Naturally enough the high tax countries are not happy to see resources and tax money flow out of the country. As a tax attorney, I can tell you that there are huge government bureaucracies to maintain, expensive new weapon systems to be developed, and social programs to be financed. The top priority of every government is generating funds to carry out its policies. Every high tax country, with greater or lesser degrees of success, attempts to thwart the powerful and seductive appeal of the tax havens.
At least for now, the tax havens appear to be winning the war for the hearts and the wallets of the citizens of the world. The difficulty faced by the high tax forces is that it is impossible to physically block the flow of funds from one country to another. Money moves electronically, at the speed of light, from bank to bank. Every hour of every day trillions of dollars and francs and yen are shifted instantaneously between banks in every part of the world. Governments themselves use these electronic transfer systems to make purchases, pay debts, and settle accounts between each other. Shutting down this free flow of money around the world would seriously impair international commerce and economic life as it exists today.

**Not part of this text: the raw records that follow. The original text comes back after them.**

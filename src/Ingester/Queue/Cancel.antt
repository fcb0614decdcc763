-- ===== src/Ingester/Queue/Cancel.antt =====
-- ingester/model.js: the staff cancel and the prior state that the event log keeps.

use repo_backend_v.Base.{
  ℕ, String, ◌&&◌, Option, none, some, List, [], ◌∷◌, leb, if◌then◌else◌, ◌==◌, nat_eq, string_eq,
  contains, filter,
}
use repo_backend_v.Ingester.Queue.Store.{
  Row, Payload, raw, object, Event, Db, not_found, M, pure, throw, ◌>>=◌,
}
use repo_backend_v.Ingester.Queue.Update.{Opts, or_null, update_queue, to_status}
use repo_backend_v.Ingester.Queue.Select.{by_id, get_queue_row}

abbrev pub terminal_for_cancel : List String
terminal_for_cancel =
    "COMPLETE" ∷ "CANCELLED_BY_USER" ∷ "INGEST_HALTED" ∷ "UPLOAD_TIMEOUT" ∷ "APPROVE_TIMEOUT"
    ∷ "TRANSFER_STATUS_TIMEOUT" ∷ "INGEST_STATUS_TIMEOUT" ∷ "DURACLOUD_TIMEOUT" ∷ "FAILED"
    ∷ "AS_METADATA_DRIFT" ∷ "AS_METADATA_INVALID" ∷ "ROLLED_BACK_TO_READY" ∷ "RETURNED_TO_PACKAGING"
    ∷ "AM_DELETION_REQUESTED" ∷ []

pub data Cancelled : Type 0 where
  already_terminal : (current_state : String) → Cancelled
  done : (affected : ℕ) (prev_state : String) → Cancelled

abbrev pub cancel_opts : String → String → String → Opts
cancel_opts actor reason state = record {
  actor = actor;
  event_type = "staff_action";
  payload = some (object (("action", "cancel") ∷ ("from", state) ∷ ("reason", reason) ∷ []));
}

-- `cancel` behind the read of the row.
unfoldable pub cancel_found : ℕ → String → String → Option Row → M Cancelled
cancel_found id actor reason none = throw (not_found id)
cancel_found id actor reason (some row) =
    if contains terminal_for_cancel row.pipeline_state
    then pure (already_terminal row.pipeline_state)
    else do
      r ←
          update_queue (by_id id)
            (record (to_status "CANCELLED_BY_USER") { error = some (some reason) })
            (cancel_opts actor reason row.pipeline_state)
      pure (done r.affected row.pipeline_state)

unfoldable pub cancel : ℕ → String → String → M Cancelled
cancel id actor reason db = cancel_found id actor reason (get_queue_row (by_id id) db) db

-- The newest of the events. `ORDER BY created_at DESC LIMIT 1` leaves open which of two with the same
-- time stamp it gives: here it is the one that stands later in the log.
abbrev pub newer : Option Event → Event → Option Event
newer none e = some e
newer (some best) e = if leb best.created_at e.created_at then some e else some best

unfoldable pub newest : Option Event → List Event → Option Event
newest best [] = best
newest best (e ∷ es) = newest (newer best e) es

unfoldable pub field : String → List (String × String) → Option String
field k [] = none
field k ((j, v) ∷ fs) = if j == k then some v else field k fs

-- `(parsed && parsed.from) || null`; other texts than objects have no such field.
unfoldable pub from_field : Option Payload → Option String
unfolding field
from_field none = none
from_field (some (raw s)) = none
from_field (some (object fields)) = elim (field "from" fields) [ none ↦ none | some s ↦ or_null s ]

abbrev pub payload_of : Option Event → Option Payload
payload_of none = none
payload_of (some e) = e.payload

unfoldable pub prev_state_from_event : ℕ → String → Db → Option String
unfolding newest from_field
prev_state_from_event id to_state db = from_field (
    payload_of (
      newest none (
        filter (λ e. e.queue_id == id && (e.event_type == "staff_action" && e.to_state == to_state))
          db.events)))

unfoldable pub get_prev_state_for_cancel : ℕ → Db → Option String
unfolding prev_state_from_event
get_prev_state_for_cancel id = prev_state_from_event id "CANCELLED_BY_USER"

unfoldable pub get_prev_state_for_am_rollback : ℕ → Db → Option String
unfolding prev_state_from_event
get_prev_state_for_am_rollback id = prev_state_from_event id "AM_DELETION_REQUESTED"
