-- ===== src/Ingester/Queue/Sweep.antt =====
-- ingester/model.js: the sweeps over the whole queue, at the boot of the worker and in tests.

use repo_backend_v.Base.{
  ℕ, ◌+◌, String, Bool, true, not, ◌&&◌, some, List, [], ◌∷◌, map, ◌==◌, nat_eq, string_eq,
  contains, filter,
}
use repo_backend_v.Base.Table.{update_where, delete_where, count_where}
use repo_backend_v.Ingester.Queue.Store.{Row, object, Event, Db, ok, M, continue, transaction}
use repo_backend_v.Ingester.Queue.Update.{Opts, update_queue, to_status}
use repo_backend_v.Ingester.Queue.Select.{by_id}

abbrev pub actively_running_states : List String
actively_running_states =
    "STARTING" ∷ "UPLOADING" ∷ "REPLICATING_PACKAGE" ∷ "CONSTRUCTED_OBJECT_PATHS"
    ∷ "METADATA_RECORD_PARTS_UPDATED" ∷ "CREATING_REPOSITORY_RECORD" ∷ []

abbrev pub is_pending_complete : Row → Bool
is_pending_complete r = r.pipeline_state == "COMPLETE" && not r.is_complete

abbrev pub finalized : ℕ → Row → Row
finalized now r = record r { is_complete = true; updated = now }

unfoldable pub finalize_pending_completes : Db → ℕ × Db
finalize_pending_completes db = (
  count_where is_pending_complete db.rows,
  record db {
    rows =
        update_where is_pending_complete (λ r. record r { is_complete = true; updated = db.now })
          db.rows;
  },
)

abbrev pub is_orphaned : Row → Bool
is_orphaned r = contains actively_running_states r.pipeline_state && not r.is_complete

abbrev pub reset_opts : String → String → Opts
reset_opts actor state = record {
  actor = actor;
  event_type = "orphan_reset";
  payload = some (object (("from", state) ∷ []));
}

-- The loop over the candidates.
unfoldable pub reset_each : String → ℕ → List Row → M ℕ
reset_each actor affected [] db = (ok affected, db)
reset_each actor affected (c ∷ cs) db =
    continue (λ r. reset_each actor (affected + r.affected) cs)
      (update_queue (by_id c.id) (to_status "PENDING") (reset_opts actor c.pipeline_state) db)

unfoldable pub reset_orphaned : String → M ℕ
unfolding reset_each
reset_orphaned actor db = reset_each actor 0 (filter is_orphaned db.rows) db

unfoldable pub purge_batch : String → M (ℕ × ℕ)
unfolding transaction delete_where count_where
purge_batch batch = transaction λ db.
    let in_batch : Row → Bool = λ r. r.batch == batch in
    let ids = map (λ r. r.id) (filter in_batch db.rows) in
    let of_batch : Event → Bool = λ e. contains ids e.queue_id in
    (
      ok (count_where in_batch db.rows, count_where of_batch db.events),
      record db { rows = delete_where in_batch db.rows; events = delete_where of_batch db.events },
    )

The best that the high tax country can do is attempt to gather information from within its banking system about capital movements by individuals. This is not an easy task. On its face, a legitimate business transfer to an overseas account looks no different than a tax motivated transfer. For example, bank records in the home country may reveal that money was transferred from a domestic bank to a bank in Luxembourg. Whether this transaction was a normal business transaction or part of a scheme to avoid taxes cannot be determined from the record of the transaction itself.
More information is needed to determine the true character of the transfer. Officials in the home country can question the individual, but it is unlikely that this would be productive. What they would like to do is trace the money to see whether its uses are legitimate and whether the proper taxes are paid to the home country.
But now the tax haven country stands up to do its job. Officials in the home country as well as international tax attorneys say that they’ll be denied access to information about the funds and their recipient. Secrecy laws prevent disclosure of account information by the recipient bank. Home country tax officials must attempt to develop their case without the cooperation of the tax haven authorities. Sometimes the funds are moved rapidly through a series of banks in different jurisdictions, but this is only necessary when there is some doubt about security at the initial recipient bank.
Nations can and do make treaties with each other to exchange information, assist each other in law enforcement, and provide for convenient tax administration. But these treaties are generally between high tax countries with similar economic interests. The United States has an extensive network of treaties with the western European countries allowing for a mutual enforcement of judgments, minimal trade restrictions, and a comprehensive tax program for international transactions. The high tax countries have a mutual interest in cooperating with each other.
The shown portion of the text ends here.